C. Tujuan Penelitian

Berdasarkan permasalahan yang disebut di atas, maka tujuan yang hendak dicapai dalam penelitian ini adalah :

1. Untuk mengetahui Majelis Pengawas Notaris merupakan lembaga administrasi negara.

2. Untuk mengetahui keputusan majelis pengawas notaris dapat dikatakan merupakan bagian dari objek sengketa Tata Usaha Negara.

3. Untuk mengetahui upaya hukum administrasi yang dilakukan notaris terhadap sanksi menurut undang No. 2 Tahun 2014 perubahan atas Undang-undang No. 30 tahun 2004 tentang Jabatan Notaris.

D. Manfaat Penelitian

Hasil penelitian ini dapat memberikan manfaat baik secara Teoritis maupun secara Praktis dibidang hukum kenotariatan, dan hukum Administrasi terkhususnya tentang upaya hukum administrasi.

1. Secara Teoritis

Hasil Penelitian ini diharapkan dapat memberikan manfaat berupa:

a. Menambah khasanah ilmu Hukum administrasi dan Hukum Kenotariatan.

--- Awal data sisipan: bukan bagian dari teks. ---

-- ===== src/DeviceSection/Visitor.antt =====
-- What a section and its cards let a user do who is no administrator: the states that can be reached by
-- using the controls that are shown.
use telemetryhub.Common.{
  length, String, List, [], ◌∷◌, Option, none, some, Bool, false, ◌≡◌, refl, inl, inr, arith,
}
use telemetryhub.Common.Int.{ℤ}
use telemetryhub.Api.Types.{Device}
use telemetryhub.Ui.{Offers, Contains, when, clickable, shows}
use telemetryhub.Ui.Laws.{Offers-along}
use telemetryhub.DeviceSection.{Title, start, handle_edit}
use telemetryhub.DeviceSection.View.{
  SectionProps, CardProps, Action, CardAction, Callback, section_view, perform, device_list,
  count_text, cards, card_view,
}

-- A use of an offered control, with the handlers of the parent that were called so far, newest first.
abbrev noted : Option Callback → List Callback → List Callback
noted none called = called
noted (some c) called = c ∷ called

pub data Reach (p : SectionProps) : Title → List Callback → Type 0 where
  first : Reach p (start p.group_name) []
  next :
      {s : Title} {called : List Callback} (a : Action)
      → Reach p s called
      → Offers (section_view p s) a
      → Reach p (perform p a s).0 (noted (perform p a s).1 called)

cards-offer : (p : SectionProps) (ds : List Device) (a : Action) → ¬ (Offers (cards p ds) a)
unfolding cards
cards-offer p [] a h = h
cards-offer p (d ∷ ds) a (inl h) = h
cards-offer p (d ∷ ds) a (inr h) = cards-offer p ds a h

device_list-offer : (p : SectionProps) (a : Action) → ¬ (Offers (device_list p) a)
device_list-offer p a h = ground (arith, cards-offer p p.devices a)

-- The section of a user who is no administrator and does not edit the title.
visitor_view :
    (p : SectionProps) (s : Title)
    → p.is_admin ≡ false
    → s.is_editing ≡ false
    → section_view p s
      ≡ clickable p.group_name Action.edit
        ∷ shows (count_text (length p.devices) "device")
        ∷ device_list p
unfolding section_view when
visitor_view p s visitor idle = ground arith

visitor_offered :
    (p : SectionProps) (s : Title) (a : Action)
    → p.is_admin ≡ false
    → s.is_editing ≡ false
    → Offers (section_view p s) a
    → a ≡ Action.edit
visitor_offered p s a visitor idle h =
    let o = Offers-along a (visitor_view p s visitor idle) h in
    ground (arith, device_list-offer p a)

-- Whatever a user who is no administrator does in a section that was just shown, no handler of the
-- page is called, and the title is never edited.
pub section_visitor :
    {p : SectionProps} {s : Title} {called : List Callback}
    → Reach p s called
    → p.is_admin ≡ false
    → (called ≡ []) × (s ≡ start p.group_name)
unfolding perform handle_edit
section_visitor first visitor = (refl, refl)
section_visitor {p} (next {s} a r o) visitor =
    let i = section_visitor r visitor in
    let idle : s.is_editing ≡ false = rw i.1 refl in
    let e = visitor_offered p s a visitor idle o in ground arith

-- Nor does such a user ever see the picker of a card: its button is not there.
pub card_visitor :
    (now : ℤ) (last_seen : Option ℤ) (seen_text : String) (p : CardProps) (open? : Bool)
    (a : CardAction)
    → p.is_admin ≡ false
    → ¬ (Offers (card_view now last_seen seen_text p open?) a)
unfolding card_view when
card_visitor now last_seen seen_text p open? a visitor h = ground arith

cards-Contains :
    (p : SectionProps) (ds : List Device) (c : CardProps)
    → Contains (cards p ds) c
    → c.is_admin ≡ p.is_admin
unfolding cards
cards-Contains p [] c h = absurd h
cards-Contains p (d ∷ ds) c (inl h) = ground arith
cards-Contains p (d ∷ ds) c (inr h) = cards-Contains p ds c h

-- The cards of a section are told whether the user is an administrator.
pub section-Contains :
    (p : SectionProps) (s : Title) (c : CardProps)
    → Contains (section_view p s) c
    → c.is_admin ≡ p.is_admin
unfolding section_view when
section-Contains p s c h = ground (arith, cards-Contains p p.devices c)
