-- ===== src/Dashboard/Visitor.antt =====
-- What the dashboard offers a user who is no administrator.
use telemetryhub.Common.{
  String, ◌∙◌, List, [], ◌∷◌, Option, Bool, false, ◌≡◌, arith, inl, inr, Any-append,
}
use telemetryhub.Api.Types.{DeviceGroup}
use telemetryhub.Ui.{Offers, Gives, Contains, IsChild, when, spinner}
use telemetryhub.Dashboard.{Page, Shown, View, waiting, loading, no_devices, sections, view}
use telemetryhub.Dashboard.Markup.{
  Action, Element, header, render, page, section_elements, section_props,
}
use telemetryhub.Common.Int.{ℤ}
use telemetryhub.DeviceSection.{Title}
use telemetryhub.DeviceSection.View.{CardProps, CardAction, Callback, section_view, card_view}
use telemetryhub.DeviceSection.Visitor.{Reach, section_visitor, card_visitor, section-Contains}

elements-offer :
    (b : Bool) (gs : List DeviceGroup) (ss : List Shown) (a : Action)
    → ¬ (Offers (section_elements b gs ss) a)
unfolding section_elements
elements-offer b gs [] a h = h
elements-offer b gs (s ∷ ss) a (inl h) = h
elements-offer b gs (s ∷ ss) a (inr h) = elements-offer b gs ss a h

elements-Contains :
    (b : Bool) (gs : List DeviceGroup) (ss : List Shown) (e : Element)
    → Contains (section_elements b gs ss) e
    → e.props.is_admin ≡ b
unfolding section_elements section_props
elements-Contains b gs [] e h = absurd h
elements-Contains b gs (s ∷ ss) e (inl h) = ground arith
elements-Contains b gs (s ∷ ss) e (inr h) = elements-Contains b gs ss e h

header-offer : (p : Page) (a : Action) → ¬ (Offers (header false p) a)
unfolding header when
header-offer p a h = ground arith

header-Contains : (b : Bool) (p : Page) (e : Element) → ¬ (Contains (header b p) e)
unfolding header when
header-Contains b p e h = ground arith

render-offer : (p : Page) (v : View) (a : Action) → ¬ (Offers (render false p v) a)
unfolding render
render-offer p waiting a h = ground arith
render-offer p loading a h =
    ground (arith, Any-append (Gives a) (header false p) (spinner ∷ []) h, header-offer p a)
render-offer p no_devices a h =
    ground (arith, Any-append (Gives a) (header false p) _ h, header-offer p a)
render-offer p (sections ss) a h = elim (Any-append (Gives a) (header false p) _ h) [
  | inl l ↦ header-offer p a l
  | inr r ↦ elements-offer false p.groups ss a r
]

render-Contains :
    (b : Bool) (p : Page) (v : View) (e : Element)
    → Contains (render b p v) e
    → e.props.is_admin ≡ b
unfolding render
render-Contains b p waiting e h = ground arith
render-Contains b p loading e h =
    absurd
      (ground (arith, Any-append (IsChild e) (header b p) (spinner ∷ []) h, header-Contains b p e))
render-Contains b p no_devices e h =
    absurd (ground (arith, Any-append (IsChild e) (header b p) _ h, header-Contains b p e))
render-Contains b p (sections ss) e h = elim (Any-append (IsChild e) (header b p) _ h) [
  | inl l ↦ absurd (header-Contains b p e l)
  | inr r ↦ elements-Contains b p.groups ss e r
]

-- The dashboard of a user who is no administrator has no control beside the links to the devices: the
-- page offers none; whatever the user does in one of its sections calls no handler of the page; and no
-- card in a section offers a control.
pub dashboard_visitor :
    (auth_loading has_user : Bool) (p : Page)
    → ((a : Action) → ¬ (Offers (page auth_loading has_user false p) a))
      × ((e : Element) (s : Title) (called : List Callback)
          → Contains (page auth_loading has_user false p) e
          → Reach e.props s called
          → (called ≡ [])
            × ((c : CardProps) (now : ℤ) (seen : Option ℤ) (t : String) (b : Bool) (a : CardAction)
                → Contains (section_view e.props s) c
                → ¬ (Offers (card_view now seen t c b) a)))
unfolding page
dashboard_visitor auth_loading has_user p = (
  render-offer p (view auth_loading has_user p),
  λ e s called inside r.
      let visitor = render-Contains false p (view auth_loading has_user p) e inside in
      (
        (section_visitor r visitor).0,
        λ c now seen t b a m.
            card_visitor now seen t c b a (section-Contains e.props s c m ∙ visitor),
      ),
)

b. Memberi bahan masukan dan/atau dapat dijadikan sebagai bahan kajian lebih lanjut untuk melahirkan berbagai konsep keilmuan yang dapat memberikan andil bagi perkembangan ilmu pengetahuan hukum administrasi khususnya upaya hukum administrasi.

2. Secara Praktis

Hasil penelitian ini diharapkan dapat memberikan manfaat berupa:

a. Manfaat yang sebesar-besarnya bagi para praktisi hukum khususnya bagi para Notaris sehubungan dengan upaya hukum administrasi.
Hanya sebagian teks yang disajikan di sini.